On Fri, May 1, 2015 at 6:14 AM, Stephen J. Turnbull <stephen@xemacs.org> wrote:
Adam Bartoš writes:

 > Unfortunately, it doesn't work. With PYTHONIOENCODING=utf-8, the
 > sys.std* streams are created with utf-8 encoding (which doesn't
 > help on Windows since they still don't use ReadConsoleW and
 > WriteConsoleW to communicate with the terminal) and after changing
 > the sys.std* streams to the fixed ones and setting readline hook,
 > it still doesn't work,

I don't see why you would expect it to work: either your code is
bypassing PYTHONIOENCODING=utf-8 processing, and that variable doesn't
matter, or you're feeding already decoded text *as UTF-8* to your
module which evidently expects something else (UTF-16LE?).

I'll describe my picture of the situation, which might be terribly wrong. On Linux, in a typical situation, we have a UTF-8 terminal, PYTHONENIOENCODING=utf-8, GNU readline is used. When the REPL wants input from a user the tokenizer calls PyOS_Readline, which calls GNU readline. The user is prompted >>> , during the input he can use autocompletion and everything and he enters u'α'. PyOS_Readline returns b"u'\xce\xb1'" (as char* or something), which is UTF-8 encoded input from the user. The tokenizer, parser, and evaluator process the input and the result is u'\u03b1', which is printed as an answer.

In my case I install custom sys.std* objects and a custom readline hook. Again, the tokenizer calls PyOS_Readline, which calls my readline hook, which calls sys.stdin.readline(), which returns an Unicode string a user entered (it was decoded from UTF-16-LE bytes actually). My readline hook encodes this string to UTF-8 and returns it. So the situation is the same. The tokenizer gets b"\u'xce\xb1'" as before, but know it results in u'\xce\xb1'.
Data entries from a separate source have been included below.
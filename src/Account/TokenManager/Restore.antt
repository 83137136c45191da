-- ===== src/Account/TokenManager/Restore.antt =====
-- TokenManager: a stored session comes back after a restart.
use jitong_app.Base.{
  ℕ, ◌<◌, ◌≤◌, ◌≡◌, refl, ap, ◌∙◌, Bool, true, false, Option, none, some, [], ◌∷◌, Bytes, bytes_eq,
  is_empty, if◌then◌else◌, arith,
}
use jitong_app.Base.Dict.{find, bytes_Eq}
use jitong_app.Account.TokenManager.Decimal.{to_string, parse_positive_int-to_string}
use jitong_app.Account.TokenManager.{
  Store, TokenSession, TokenManager, no_session, is_valid, new, access, refresh, access_exp,
  refresh_exp, session_key, request_key, key_of, put_all, apply_atomically, puts_of, persist,
  settle, adopt, revoke_family, refresh_expired, read_session, with_pending, restore_pending,
  load_from_store,
}
use jitong_app.Account.TokenManager.Store.{after_puts, after_removes, find-put_all, find-remove_all}

-- A session that can be stored and read back: nothing is empty, and the times are positive 64-bit
-- numbers.
pub record IsStorable (s : TokenSession) : Type 0 where
  pub access_token : is_empty s.access_token ≡ false
  pub refresh_token : is_empty s.refresh_token ≡ false
  pub session_id : is_empty s.session_id ≡ false
  pub access_low : 0 < s.access_expire_at
  pub access_high : s.access_expire_at ≤ 9223372036854775807
  pub refresh_low : 0 < s.refresh_expire_at
  pub refresh_high : s.refresh_expire_at ≤ 9223372036854775807

-- The store holds the session, and `pending` under the refresh's key.
pub record IsStored (s : TokenSession) (pending : Option Bytes) (store : Store) : Type 0 where
  pub access_token : find (key_of s.account access) store ≡ some s.access_token
  pub refresh_token : find (key_of s.account refresh) store ≡ some s.refresh_token
  pub access_time : find (key_of s.account access_exp) store ≡ some (to_string s.access_expire_at)
  pub refresh_time :
      find (key_of s.account refresh_exp) store ≡ some (to_string s.refresh_expire_at)
  pub session_id : find (key_of s.account session_key) store ≡ some s.session_id
  pub request : find (key_of s.account request_key) store ≡ pending

pub adopt-IsStored :
    (s : TokenSession) (m : TokenManager) → IsStored s none (adopt true s m).0.store
unfolding adopt persist settle apply_atomically after_puts after_removes bytes_eq
adopt-IsStored s m = record {
  access_token = found access;
  refresh_token = found refresh;
  access_time = found access_exp;
  refresh_time = found refresh_exp;
  session_id = found session_key;
  request = found request_key;
}
  where
    found :
        (suffix : Bytes)
        → find (key_of s.account suffix) (adopt true s m).0.store
          ≡ after_removes suffix
              (request_key ∷ [])
              (after_puts suffix (puts_of s) (find (key_of s.account suffix) m.store))
    found suffix =
        find-remove_all s.account suffix (request_key ∷ []) (put_all s.account (puts_of s) m.store)
        ∙ ap (after_removes suffix (request_key ∷ []))
            (find-put_all s.account suffix (puts_of s) m.store)

read_session-IsStored :
    (s : TokenSession) (pending : Option Bytes) (store : Store)
    → IsStorable s
    → IsStored s pending store
    → read_session s.account store ≡ some s
unfolding read_session
read_session-IsStored s pending store k h =
    let e1 = parse_positive_int-to_string s.access_expire_at k.access_low k.access_high in
    let e2 = parse_positive_int-to_string s.refresh_expire_at k.refresh_low k.refresh_high in
    rw
      (
        h.access_token, h.refresh_token, h.access_time, h.refresh_time, h.session_id,
        k.access_token, k.refresh_token, k.session_id, e1, e2,
      )
      refl

-- The rest of `loadFromStore`, once the record is read.
abbrev finish_load : Bool → ℕ → TokenSession → TokenManager → TokenManager × Bool
finish_load accepts now s loaded =
    if refresh_expired now loaded
    then ((revoke_family accepts loaded).0, false)
    else (loaded, is_valid s)

load_from_store-read :
    (accepts : Bool) (now : ℕ) (s : TokenSession) (m : TokenManager)
    → read_session s.account m.store ≡ some s
    → load_from_store accepts s.account now m
      ≡ finish_load accepts now s (restore_pending (record m { session = s }))
unfolding load_from_store
load_from_store-read accepts now s m e =
    ap
      (λ (o : Option TokenSession). elim o as (λ _. TokenManager × Bool) [
        | none ↦ ((revoke_family accepts (record m { session = no_session s.account })).0, false)
        | some t ↦ finish_load accepts now t (restore_pending (record m { session = t }))
      ])
      e

restore_pending_lem :
    (s : TokenSession) (pending : Option Bytes) (m : TokenManager)
    → find (key_of s.account request_key) m.store ≡ pending
    → restore_pending (record m { session = s }) ≡ with_pending pending (record m { session = s })
unfolding restore_pending
restore_pending_lem s pending m e =
    ap (λ (o : Option Bytes). with_pending o (record m { session = s })) e

session-with_pending :
    (pending : Option Bytes) (m : TokenManager) → (with_pending pending m).session ≡ m.session
session-with_pending none m = refl
session-with_pending (some id) m = ground arith

finish_load_lem :
    (accepts : Bool) (now : ℕ) (s : TokenSession) (m : TokenManager)
    → IsStorable s
    → now < s.refresh_expire_at
    → m.session ≡ s
    → finish_load accepts now s m ≡ (m, true)
unfolding refresh_expired
finish_load_lem accepts now s m k later e =
    let t : m.session.refresh_expire_at ≡ s.refresh_expire_at =
      ap (λ (x : TokenSession). x.refresh_expire_at) e in
    ground (arith, later, k.access_token, k.refresh_token, t)

pub load_from_store-IsStored :
    (s : TokenSession) (pending : Option Bytes) (accepts : Bool) (now : ℕ) (m : TokenManager)
    → IsStorable s
    → IsStored s pending m.store
    → now < s.refresh_expire_at
    → load_from_store accepts s.account now m
      ≡ (with_pending pending (record m { session = s }), true)
load_from_store-IsStored s pending accepts now m k h later =
    let m1 : TokenManager = record m { session = s } in
    load_from_store-read accepts now s m (read_session-IsStored s pending m.store k h)
    ∙ ap (finish_load accepts now s) (restore_pending_lem s pending m h.request)
    ∙ finish_load_lem accepts now s (with_pending pending m1) k later
        (session-with_pending pending m1)

-- A session that was adopted, with its record stored, comes back when a new manager on the same
-- store loads the account: the load succeeds, the session is the adopted one, and no refresh is
-- pending. The session has no empty field, its times are positive 64-bit numbers, and its refresh
-- token has not expired at the time of the load.
pub load_from_store-adopt :
    (s : TokenSession) (m : TokenManager) (accepts : Bool) (now skew : ℕ)
    → IsStorable s
    → now < s.refresh_expire_at
    → let stored = (adopt true s m).0.store in
      let fresh = new stored skew in
      load_from_store accepts s.account now fresh ≡ (record fresh { session = s }, true)
unfolding new
load_from_store-adopt s m accepts now skew k later =
    load_from_store-IsStored s none accepts now (new (adopt true s m).0.store skew) k
      (adopt-IsStored s m) later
Why is the result different? I though that in the first case PyCF_SOURCE_IS_UTF8 might have been set. And after your suggestion, I thought that PYTHONIOENCODING=utf-8 is the thing that also sets PyCF_SOURCE_IS_UTF8.

 > so presumably the PyCF_SOURCE_IS_UTF8 is still not set.

I don't think that flag does what you think it does.  AFAICT from
looking at the source, that flag gets unconditionally set in the
execution context for compile, eval, and exec, and it is checked in
the parser when creating an AST node.  So it looks to me like it
asserts that the *internal* representation of the program is UTF-8
*after* transforming the input to an internal representation (doing
charset decoding, removing comments and line continuations, etc).

I thought it might do what I want because of the behaviour of eval. I thought that the PyUnicode_AsUTF8String call in eval just encodes the passed unicode to UTF-8, so the situation looks like follows:
eval(u"u'\u031b'") -> (b"u'\xce\xb1'", PyCF_SOURCE_IS_UTF8 set) -> u'\u03b1'
eval(u"u'\u031b'".encode('utf-8')) -> (b"u'\xce\xb1'", PyCF_SOURCE_IS_UTF8 not set) -> u'\xce\xb1'
But of course, this my picture might be wrong.

 > Well, the received text comes from sys.stdin and its encoding is
 > known.

How?  You keep asserting this.  *You* know, but how are you passing
that information to *the Python interpreter*?  Guido may have a time
machine, but nobody claims the Python interpreter is telepathic.

I thought that the Python interpreter knows the input comes from sys.stdin at least to some extent because in pythonrun.c:PyRun_InteractiveOneObject the encoding for the tokenizer is inferred from sys.stdin.encoding. But this is actually the case only in Python 3. So I was wrong.

 > Yes. In the latter case, eval has no idea how the bytes given are
 > encoded.

Eval *never* knows how bytes are encoded, not even implicitly.  That's
one of the important reasons why Python 3 was necessary.  I think you
know that, but you don't write like you understand the implications
for your current work, which makes it hard to communicate.

Yes, eval never knows how bytes are encoded. But I meant it in comparison with the first case where a Unicode string was passed.